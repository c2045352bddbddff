-- ===== src/Paperspoon/Server/Tests.antt =====
-- A PaperPad on socket 3 with both pixel formats, whose viewport changes while a frame is drawn.
use rust_x11_hello.Prelude.{◌≡◌, ◌↔◌, refl, List, [], ◌∷◌, true, some, ok}
use rust_x11_hello.Protocol.Frame.{gray8}
use rust_x11_hello.Protocol.Payload.{V2PixelFormats, supports, pixel_format_mask}
use rust_x11_hello.Paperspoon.Server.{
  ActiveConnection, empty_server, FrameTarget, sent, viewport_changed, install, install_for_hello,
  target_in, target_of, frame_target_in, frame_target, shows, check_target, forward_active,
  forward_locked, forward_frame_inner, forward_frame_to, holds_token, set_active_viewport,
  update_viewport_if_current,
}
use rust_x11_hello.Paperspoon.Server.Fate.{ServerOp, hello, resize, server_step, server_after, fate}
use rust_x11_hello.Paperspoon.Server.Target.{forward_frame_to_iff}

abbrev both : V2PixelFormats
both = record { mask = 3 }

abbrev greeted : List ServerOp
greeted = hello 3 both (9, 1) ∷ []

abbrev target : FrameTarget
target = record { token = 0; viewport = (9, 1) }

target-eq : frame_target (server_after empty_server greeted) gray8 ≡ ok target
unfolding frame_target frame_target_in target_of target_in server_after server_step
    install_for_hello install supports pixel_format_mask
target-eq = refl

-- The frame comes too late.
late :
    (forward_frame_to
      (λ n. true)
      (server_after (server_after empty_server greeted) (resize 0 (9, 2) ∷ []))
      (1 ∷ [])
      gray8
      target).0
    ≡ ok viewport_changed
unfolding forward_frame_to forward_frame_inner forward_locked forward_active check_target
    server_after server_step install_for_hello install update_viewport_if_current holds_token
    set_active_viewport
late = refl

forward_frame_to_iff_example :
    (a : ActiveConnection) × ((server_after empty_server greeted).active ≡ some a)
    × (true ≡ true
        → ((forward_frame_to
              (λ n. true)
              (server_after (server_after empty_server greeted) (resize 0 (9, 2) ∷ []))
              (1 ∷ [])
              gray8
              target).0
            ≡ ok sent)
          ↔ (shows (fate a (9, 1) (resize 0 (9, 2) ∷ [])) (9, 1) ≡ true))
    × ((forward_frame_to
            (λ n. true)
            (server_after (server_after empty_server greeted) (resize 0 (9, 2) ∷ []))
            (1 ∷ [])
            gray8
            target).0
          ≡ ok sent
        → (forward_frame_to
            (λ n. true)
            (server_after (server_after empty_server greeted) (resize 0 (9, 2) ∷ []))
            (1 ∷ [])
            gray8
            target).1.sent
          ≡ (a.stream, 1 ∷ [])
            ∷ (server_after (server_after empty_server greeted) (resize 0 (9, 2) ∷ [])).sent)
forward_frame_to_iff_example =
    forward_frame_to_iff greeted (resize 0 (9, 2) ∷ []) gray8 (λ n. true) (1 ∷ []) target-eq
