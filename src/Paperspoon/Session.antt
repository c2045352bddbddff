-- ===== src/Paperspoon/Session.antt =====
-- tools/paperspoon/src/main.rs: a connection behind its Hello, its frames and its pointers.
mod Hello
mod Trace
mod Told
mod Activated
pub mod Matching
mod Tests
use rust_x11_hello.Prelude.{
  ℕ, ◌&&◌, List, [], ◌∷◌, Bool, true, false, Option, none, some, Result, ok, err, ◌==◌,
  if◌then◌else◌,
}
use rust_x11_hello.Protocol.Frame.{Mono1Frame}
use rust_x11_hello.Protocol.Payload.{V2PixelFormats, V2Hello, V2Viewport, V2Pointer}
use rust_x11_hello.Paperspoon.Inbound.{SessionMessage}
use rust_x11_hello.Paperspoon.Server.{install_for_hello, update_viewport_if_current, ServerError}
use rust_x11_hello.Paperspoon.Application.{ApplicationUi}
use rust_x11_hello.Paperspoon.Application.Input.{
  ApplicationInput, ApplicationActivation, new_input, set_input_viewport, handle_input_pointer,
}
use rust_x11_hello.Paperspoon.Sender.{
  Diagnostics, FrameSender, SentFrame, HelloFrame, SendError, Sending, same_size,
}
use rust_x11_hello.Paperspoon.Sender.Sends.{send_application_for_viewport_change, send_for_hello}

-- `rendered_application_viewport.filter(|viewport| *viewport == reported_viewport)`
unfoldable pub matching_application_viewport : ℕ × ℕ → Option (ℕ × ℕ) → Option (ℕ × ℕ)
matching_application_viewport reported none = none
matching_application_viewport reported (some rendered) =
    if same_size rendered reported then some rendered else none

-- `application_input` and `rendered_application_viewport`
pub record Shown : Type 0 where
  pub input : ApplicationInput
  pub rendered : Option (ℕ × ℕ)

abbrev pub new_shown : Shown
new_shown = record { input = new_input; rendered = none }

-- `*rendered_viewport = …; input.set_viewport(…)` of one viewport
unfoldable pub show_viewport : Shown → Option (ℕ × ℕ) → Shown
show_viewport shown viewport = record {
  input = set_input_viewport shown.input viewport;
  rendered = viewport;
}

-- The variables of the loop over a connection
pub record Session : Type 0 where
  pub token : ℕ
  pub reported : ℕ × ℕ
  pub shown : Shown

-- The last of the viewports that the commands have reported
unfoldable pub latest_viewport : Option (ℕ × ℕ) → List (Option (ℕ × ℕ)) → Option (ℕ × ℕ)
latest_viewport rendered [] = rendered
latest_viewport rendered (viewport ∷ viewports) = latest_viewport viewport viewports

-- `if rendered_viewport_changed`, behind `for viewport in application_viewport_rx.try_iter()`
unfoldable pub note_viewports : ℕ × ℕ → Shown → List (Option (ℕ × ℕ)) → Shown
note_viewports reported shown [] = shown
note_viewports reported shown (viewport ∷ viewports) =
    let rendered = latest_viewport viewport viewports in
    record {
      input = set_input_viewport shown.input (matching_application_viewport reported rendered);
      rendered = rendered;
    }

unfoldable pub handle_session_pointer :
    ApplicationUi
    → Session
    → List (Option (ℕ × ℕ))
    → V2Pointer
    → Option ApplicationActivation × Session
handle_session_pointer ui session viewports p =
    let shown = note_viewports session.reported session.shown viewports in
    let (activation, input) = handle_input_pointer ui shown.input p in
    (activation, record session { shown = record shown { input = input } })

module _ (diagnostics : Diagnostics) where
  abbrev D : Type 0
  D = diagnostics.DiagnosticFrame

  -- `if sent.is_some()`
  unfoldable pub replaced_application :
      Shown → ℕ × ℕ → Sending D (Option SentFrame) → Sending D (Option SentFrame) × Shown
  replaced_application hidden viewport (ok (some sent), s) =
      ((ok (some sent), s), show_viewport hidden (some viewport))
  replaced_application hidden viewport (ok none, s) = ((ok none, s), hidden)
  replaced_application hidden viewport (err e, s) = ((err e, s), hidden)

  unfoldable pub replace_application_frame :
      (ℕ → Bool)
      → FrameSender D
      → (ℕ → ℕ → Result SendError Mono1Frame)
      → Shown
      → ℕ × ℕ
      → Sending D (Option SentFrame) × Shown
  replace_application_frame writes s render shown viewport =
      replaced_application (show_viewport shown none) viewport
        (send_application_for_viewport_change diagnostics writes s render viewport)

  -- `if let Some(ref hello_frame) = sent`
  unfoldable pub replaced_hello :
      Shown → Sending D (Option (HelloFrame D)) → Sending D (Option (HelloFrame D)) × Shown
  replaced_hello hidden (ok (some h), s) =
      ((ok (some h), s), show_viewport hidden h.sent_frame.application_viewport)
  replaced_hello hidden (ok none, s) = ((ok none, s), hidden)
  replaced_hello hidden (err e, s) = ((err e, s), hidden)

  unfoldable pub replace_hello_frame :
      (ℕ → Bool)
      → FrameSender D
      → (ℕ → ℕ → Result SendError Mono1Frame)
      → Shown
      → ℕ × ℕ
      → V2PixelFormats
      → Sending D (Option (HelloFrame D)) × Shown
  replace_hello_frame writes s render shown viewport formats =
      replaced_hello (show_viewport shown none)
        (send_for_hello diagnostics writes s render viewport formats)

  -- Behind a Hello whose connection is installed under `token`
  unfoldable pub open_session :
      (ℕ → Bool)
      → FrameSender D
      → (ℕ → ℕ → Result SendError Mono1Frame)
      → ℕ
      → V2Hello
      → FrameSender D × Session
  open_session writes s render token hello =
      let viewport : ℕ × ℕ = (hello.viewport_width, hello.viewport_height) in
      let ((result, next), shown) =
        replace_hello_frame writes s render new_shown viewport hello.pixel_formats in
      (next, record { token = token; reported = viewport; shown = shown })

  -- `SessionMessage::ViewportChanged`: what the commands have reported is overwritten.
  unfoldable pub change_session_viewport :
      (ℕ → Bool)
      → FrameSender D
      → (ℕ → ℕ → Result SendError Mono1Frame)
      → Session
      → ℕ × ℕ
      → FrameSender D × Session
  change_session_viewport writes s render session viewport =
      let server = (update_viewport_if_current s.server session.token viewport).1 in
      let ((result, next), shown) =
        replace_application_frame writes (record s { server = server }) render session.shown
          viewport in
      (next, record session { reported = viewport; shown = shown })

  -- The body of the loop, for a message and the viewports that the commands have reported by then
  unfoldable pub handle_session_message :
      ApplicationUi
      → (ℕ → Bool)
      → FrameSender D
      → (ℕ → ℕ → Result SendError Mono1Frame)
      → Session
      → List (Option (ℕ × ℕ))
      → SessionMessage
      → Option ApplicationActivation × (FrameSender D × Session)
  handle_session_message ui writes s render session viewports (SessionMessage.viewport_changed v) =
      (none, change_session_viewport writes s render session (v.width, v.height))
  handle_session_message ui writes s render session viewports (SessionMessage.pointer p) =
      let (activation, next) = handle_session_pointer ui session viewports p in
      (activation, (s, next))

* * * *

**WHAT YOU HAVE TO DO:**
Wherever the word "ActiveConnection" appears in the entries above, copy that whole line.

**EXERCISE SOLUTION:**
  ActiveConnection, empty_server, FrameTarget, sent, viewport_changed, install, install_for_hello,
    (a : ActiveConnection) × ((server_after empty_server greeted).active ≡ some a)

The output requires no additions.